- Packages to install
- Things to read
- Pandas: Your gateway to an Excel-free life
- NLTK: Natural language processing
- Sci-Kit Learn: Machine learning, classification
- IPython Notebook: Visuals and code sharing made easy
- Matplotlib: Data visualizations
You can also skip the Anaconda
install and install these packages separately:
(please raise an issue or submit a pull request here if you found dependencies you needed to install in addition to these)
pip install sklearn
pip install pandas
pip install "ipython[notebook]"
pip install matplotlib
pip install numpy
- Natural Language Processing with Python
- This Pandas tutorial
- Beautiful Visualizations - pdf download
Pandas is a robust Data Science package with a powerful data structure known as a DataFrame. Pandas documentation is excellent and provides a thorough variety of tutorials and examples. I recommend their 10 Minutes to pandas tutorial.
I strongly recommend using the Natural Language ToolKit during your introductory steps into Natural Language Processing. The Toolkit has an enjoyable to read book which simultaneously teaching natural language processing and the Python language with tangible, nontrivial examples in both regards. The NLTK creators have also added a list of resources to wiki, including a project ideas page.
The Natural Language Toolkit comes with a lot of features built into it, and still many others that you're probably never going to use (for example, a multitude of languages, or a series of tagged texts including parts of the Torah, Jane Austen's Emma, and an online chatroom in the 90s. You might use these to train a classifier for of a very specific set of text (eg, tweets), but because they are niche, you have to download them individually. Just use nltk.Download() from the command line while in interactive python mode.
The Sklearn package is exciting and deep. You can use it for almost any machine learning tasks you might be interested in. If you don't know what you're interested in, check out this chart to maybe get an idea of the possibilities and learn what vocabulary you might need to learn before/while moving forward. The Sklearn Documentation requires and bestows a deep level of statistical knowledge. I usually mention Naive Bayes classification when talking Intro to Data Science.
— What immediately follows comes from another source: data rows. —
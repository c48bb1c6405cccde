-- ===== src/Adaptive/Update.antt =====
-- domain/services/adaptive_strategy.py: how far an update of the strategy can go.
use mathlib.Core.Bool.{true≢false}
use interview_agent_py.Prelude.{
  ℕ, ◌+◌, ◌≤◌, ◌<◌, ltb, length, tests, ap, ◌≡◌, ◌⊎◌, refl, sym, ◌∙◌, subst, List, [], ◌∷◌, inl,
  inr, Bool, true, false, not, Bool-cases, leb, ◌=?◌, Text, is_empty, contains, nat_eq, list_eq,
  list_beq, text_iff, arith,
}
use interview_agent_py.Prelude.Int.{ℤ}
use interview_agent_py.Prelude.Dict.{Dict}
use interview_agent_py.Adaptive.Strategy.{
  junior, mid, senior, difficulty_levels, general, below, at_most, global_average, safe_difficulty,
  level, step, next_difficulty, least, fewer_scores, weaker, average_of, category_averages, choose,
  pick_next_category, compute_strategy_update,
}

-- One of the three levels, at most one from `safe`; higher only if the average is high, lower only if
-- it is low.
abbrev pub OneLevel : Bool → Bool → Text → Text → Type 0
OneLevel high low safe difficulty =
    (contains difficulty difficulty_levels ≡ true)
    × (level difficulty ≤ level safe + 1)
    × (level safe ≤ level difficulty + 1)
    × ((level difficulty ≤ level safe) ⊎ (high ≡ true))
    × ((level safe ≤ level difficulty) ⊎ (low ≡ true))

safe_difficulty-cases :
    (d : Text)
    → (safe_difficulty d ≡ junior) ⊎ (safe_difficulty d ≡ mid) ⊎ (safe_difficulty d ≡ senior)
unfolding safe_difficulty contains
safe_difficulty-cases d = elim (Bool-cases (contains d difficulty_levels)) [
  | inr unknown ↦ rw (safe_difficulty, unknown) (inr (inl refl))
  | inl known ↦ elim (Bool-cases (junior =? d)) [
    | inl is_junior ↦ rw (safe_difficulty, known) (inl (sym ((text_iff junior d).0 is_junior)))
    | inr no_junior ↦ elim (Bool-cases (mid =? d)) [
      | inl is_mid ↦ rw (safe_difficulty, known) (inr (inl (sym ((text_iff mid d).0 is_mid))))
      | inr no_mid ↦ elim (Bool-cases (senior =? d)) [
        | inl is_senior ↦
            rw (safe_difficulty, known) (inr (inr (sym ((text_iff senior d).0 is_senior))))
        | inr no_senior ↦ absurd (true≢false (sym known ∙ rw (no_junior, no_mid, no_senior) refl))
      ]
    ]
  ]
]

step_junior : (high low : Bool) → OneLevel high low junior (step high low junior)
unfolding step level contains list_beq
step_junior true low = (refl, omega arith, omega arith, inr refl, inl (omega arith))
step_junior false true = (refl, omega arith, omega arith, inl (omega arith), inl (omega arith))
step_junior false false = (refl, omega arith, omega arith, inl (omega arith), inl (omega arith))

step_mid : (high low : Bool) → OneLevel high low mid (step high low mid)
unfolding step level contains list_beq
step_mid true low = (refl, omega arith, omega arith, inr refl, inl (omega arith))
step_mid false true = (refl, omega arith, omega arith, inl (omega arith), inr refl)
step_mid false false = (refl, omega arith, omega arith, inl (omega arith), inl (omega arith))

step_senior : (high low : Bool) → OneLevel high low senior (step high low senior)
unfolding step level contains list_beq
step_senior true true = (refl, omega arith, omega arith, inl (omega arith), inr refl)
step_senior true false = (refl, omega arith, omega arith, inl (omega arith), inl (omega arith))
step_senior false true = (refl, omega arith, omega arith, inl (omega arith), inr refl)
step_senior false false = (refl, omega arith, omega arith, inl (omega arith), inl (omega arith))

step-OneLevel :
    (high low : Bool) (safe : Text)
    → (safe ≡ junior) ⊎ (safe ≡ mid) ⊎ (safe ≡ senior)
    → OneLevel high low safe (step high low safe)
step-OneLevel high low safe (inl e) = rw e (step_junior high low)
step-OneLevel high low safe (inr (inl e)) = rw e (step_mid high low)
step-OneLevel high low safe (inr (inr e)) = rw e (step_senior high low)

-- An item of a dict.
abbrev pub HasItem : {V : Type 0} → Text × V → Dict Text V → Type 0
HasItem item [] = ⊥
HasItem item (first ∷ items) = (item ≡ first) ⊎ HasItem item items

-- No category has fewer scores.
abbrev pub AllHave : ℕ → Dict Text (List ℤ) → Type 0
AllHave n [] = Unit
AllHave n ((category, scores) ∷ rest) = (n ≤ length scores) × AllHave n rest

-- The category has the fewest scores of all.
abbrev pub IsLeastCovered : Text → Dict Text (List ℤ) → Type 0
IsLeastCovered category category_scores =
    (scores : List ℤ) × HasItem (category, scores) category_scores
    × AllHave (length scores) category_scores

-- The category has scores, with an average below 5.
abbrev pub IsWeak : Text → Dict Text (List ℤ) → Type 0
IsWeak category category_scores =
    (scores : List ℤ) × HasItem (category, scores) category_scores
    × (is_empty scores ≡ false)
    × (below 5 (average_of scores) ≡ true)

-- The general category if there is no score; else the weak one, unless at most two turns are left, or
-- the one with the fewest scores.
abbrev pub IsPicked : Text → Dict Text (List ℤ) → ℕ → ℕ → Type 0
IsPicked category category_scores turn_count max_turns =
    ((category ≡ general) × (category_averages category_scores ≡ []))
    ⊎ IsLeastCovered category category_scores
    ⊎ ((turn_count + 2 < max_turns) × IsWeak category category_scores)

skip-HasItem :
    {V : Type 0} (item x y : Text × V) (ys : Dict Text V)
    → HasItem item (x ∷ ys)
    → HasItem item (x ∷ y ∷ ys)
skip-HasItem item x y ys (inl here) = inl here
skip-HasItem item x y ys (inr there) = inr (inr there)

least-HasItem :
    {V : Type 0} (less : Text × V → Text × V → Bool) (x : Text × V) (ys : Dict Text V)
    → HasItem (least less x ys) (x ∷ ys)
unfolding least
least-HasItem less x [] = inl refl
least-HasItem less x (y ∷ ys) = elim (Bool-cases (less y x)) [
  | inl first ↦
      let e : least less x (y ∷ ys) ≡ least less y ys = rw (least, first) refl in
      subst (λ item. HasItem item (x ∷ y ∷ ys)) (sym e) (inr (least-HasItem less y ys))
  | inr later ↦
      let e : least less x (y ∷ ys) ≡ least less x ys = rw (least, later) refl in
      subst (λ item. HasItem item (x ∷ y ∷ ys)) (sym e)
        (skip-HasItem (least less x ys) x y ys (least-HasItem less x ys))
]

least-AllHave :
    (x : Text × List ℤ) (ys : Dict Text (List ℤ))
    → AllHave (length (least fewer_scores x ys).1) (x ∷ ys)
unfolding least
least-AllHave x [] = (omega arith, tt)
least-AllHave x (y ∷ ys) = elim (Bool-cases (ltb (length y.1) (length x.1))) [
  | inl first ↦
      let fewest = least-AllHave y ys in
      let e : least fewer_scores x (y ∷ ys) ≡ least fewer_scores y ys = rw (least, first) refl in
      subst (λ item. AllHave (length item.1) (x ∷ y ∷ ys)) (sym e)
        (omega (tests, first, fewest.0), (fewest.0, fewest.1))
  | inr later ↦
      let fewest = least-AllHave x ys in
      let e : least fewer_scores x (y ∷ ys) ≡ least fewer_scores x ys = rw (least, later) refl in
      let not_fewer : length x.1 ≤ length y.1 = ground (arith, later) in
      subst (λ item. AllHave (length item.1) (x ∷ y ∷ ys)) (sym e)
        (fewest.0, (omega (arith, fewest.0, not_fewer), fewest.1))
]

category_averages-HasItem :
    (d : Dict Text (List ℤ)) (category : Text) (average : ℤ × ℕ)
    → HasItem (category, average) (category_averages d)
    → (scores : List ℤ) × HasItem (category, scores) d
      × (is_empty scores ≡ false)
      × (average ≡ average_of scores)
unfolding category_averages
category_averages-HasItem [] category average h = elim h [ ]
category_averages-HasItem ((cat, scores) ∷ d) category average h =
    elim (Bool-cases (is_empty scores)) [
      | inl nothing ↦
          let rest =
            category_averages-HasItem d category average (rw (category_averages, nothing) at h) in
          (rest.0, inr rest.1, rest.2, rest.3)
      | inr something ↦
          kept something (λ there. category_averages-HasItem d category average there)
            (rw (category_averages, something) at h)
    ]
  where
    kept :
        is_empty scores ≡ false
        → (HasItem (category, average) (category_averages d)
            → (found : List ℤ) × HasItem (category, found) d
              × (is_empty found ≡ false)
              × (average ≡ average_of found))
        → HasItem (category, average) ((cat, average_of scores) ∷ category_averages d)
        → (found : List ℤ) × HasItem (category, found) ((cat, scores) ∷ d)
          × (is_empty found ≡ false)
          × (average ≡ average_of found)
    kept something rest (inl same) =
        (scores, inl (ap (λ item. (item.0, scores)) same), something, ap (λ item. item.1) same)
    kept something rest (inr there) =
        let found = rest there in (found.0, inr found.1, found.2, found.3)

choose-IsPicked :
    (d : Dict Text (List ℤ)) (averages : Dict Text (ℤ × ℕ)) (turn_count max_turns : ℕ)
    → is_empty d ≡ false
    → category_averages d ≡ averages
    → IsPicked (choose d averages turn_count max_turns) d turn_count max_turns
unfolding choose
choose-IsPicked [] averages turn_count max_turns entries same = absurd (ground arith)
choose-IsPicked (item ∷ items) [] turn_count max_turns entries same = inl (refl, same)
choose-IsPicked (item ∷ items) (average ∷ averages) turn_count max_turns entries same =
    let fewest = least fewer_scores item items in
    let least_covered : IsLeastCovered fewest.0 (item ∷ items) =
      (fewest.1, least-HasItem fewer_scores item items, least-AllHave item items) in
    let weakest = least weaker average averages in
    let Picked = λ (category : Text). IsPicked category (item ∷ items) turn_count max_turns in
    elim (Bool-cases (leb max_turns (turn_count + 2))) [
      | inl near ↦
          let e : choose (item ∷ items) (average ∷ averages) turn_count max_turns ≡ fewest.0 =
            rw (choose, near) refl in
          subst Picked (sym e) (inr (inl least_covered))
      | inr early ↦ elim (Bool-cases (below 5 weakest.1)) [
        | inr fair ↦
            let e : choose (item ∷ items) (average ∷ averages) turn_count max_turns ≡ fewest.0 =
              rw (choose, early, fair) refl in
            subst Picked (sym e) (inr (inl least_covered))
        | inl weak ↦
            let e : choose (item ∷ items) (average ∷ averages) turn_count max_turns ≡ weakest.0 =
              rw (choose, early, weak) refl in
            let found =
              category_averages-HasItem (item ∷ items) weakest.0 weakest.1
                (subst (HasItem weakest) (sym same) (least-HasItem weaker average averages)) in
            subst Picked (sym e) (
              inr (
                inr (
                  ground (arith, early),
                  (found.0, found.1, found.2, subst (λ a. below 5 a ≡ true) found.3 weak),
                )))
      ]
    ]

-- If category_scores has an entry, the difficulty that is suggested is one of the three levels, at most
-- one from the current one (or from mid, if that is none of the three), higher only if the average of all
-- scores is at least 7 and lower only if it is at most 4; and the category is the general one, with no
-- score anywhere, or an entry with the fewest scores, maybe none, or, with more than two turns left, one
-- whose own average is below 5.
pub compute_strategy_update-OneLevel :
    (category_scores : Dict Text (List ℤ)) (current_difficulty : Text) (turn_count max_turns : ℕ)
    → is_empty category_scores ≡ false
    → let update =
        compute_strategy_update category_scores current_difficulty turn_count max_turns in
      let average = global_average category_scores in
      OneLevel
        (not (below 7 average))
        (at_most 4 average)
        (safe_difficulty current_difficulty)
        update.suggested_difficulty
      × IsPicked update.suggested_category category_scores turn_count max_turns
unfolding compute_strategy_update next_difficulty pick_next_category
compute_strategy_update-OneLevel [] current_difficulty turn_count max_turns some_scores =
    absurd (ground arith)
compute_strategy_update-OneLevel (item ∷ items) current_difficulty turn_count max_turns
      some_scores =
    (
      step-OneLevel _ _ (safe_difficulty current_difficulty)
          (safe_difficulty-cases current_difficulty),
      choose-IsPicked (item ∷ items) (category_averages (item ∷ items)) turn_count max_turns refl
          refl,
    )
Did you catch it? Do you know what it is? If you haven't heard of it before, go read the Naive Bayes docs and get your Google engines warmed up, you're about to research a lot of new vocabulary. I've lost count of the number of times I've read the documentation for certain algorithms. I always learn something new, and can always put that to use in my work. As you decide on what you want to accomplish, you will then search through what Sklearn has to offer until you find the right set of tools to use.
The easiest way to get started with Data Science is to download this Anaconda distribution.. In doing so, you will get the most popular science packages, including IPython Notebook. Alternatively, you can install IPython on your own, following these simple directions. IPython allows you to share your code more easily, and has become a popular way for hard-copy authors of coding books to share their code snippets as supplementat material for their books. Many of the files inside this GitHub repository are IPython Notebook files (*.ipynb
) which can be viewed directly in GitHub.
Visualizations are memorable, shareable, and, when done right, make data more understandable. Most PytData folks recommend using Matplotlib in conjunction with IPython Notebook to create your graphs on the fly. Matplotlib's website also has a ton of examples for anything you want to plot.
As you practice making visualizations with Matplotlib, I recommend you pair your efforts with Beautiful Visualization, which will teach you things about the ethics, philosophy, and efficacy of various visualization types. Did you know that humans over estimate how much larger a circle needs to be to double in volume? If your visualization compares population sizes using circle size, you will probably downplay the difference in size because of how humans reason spatially.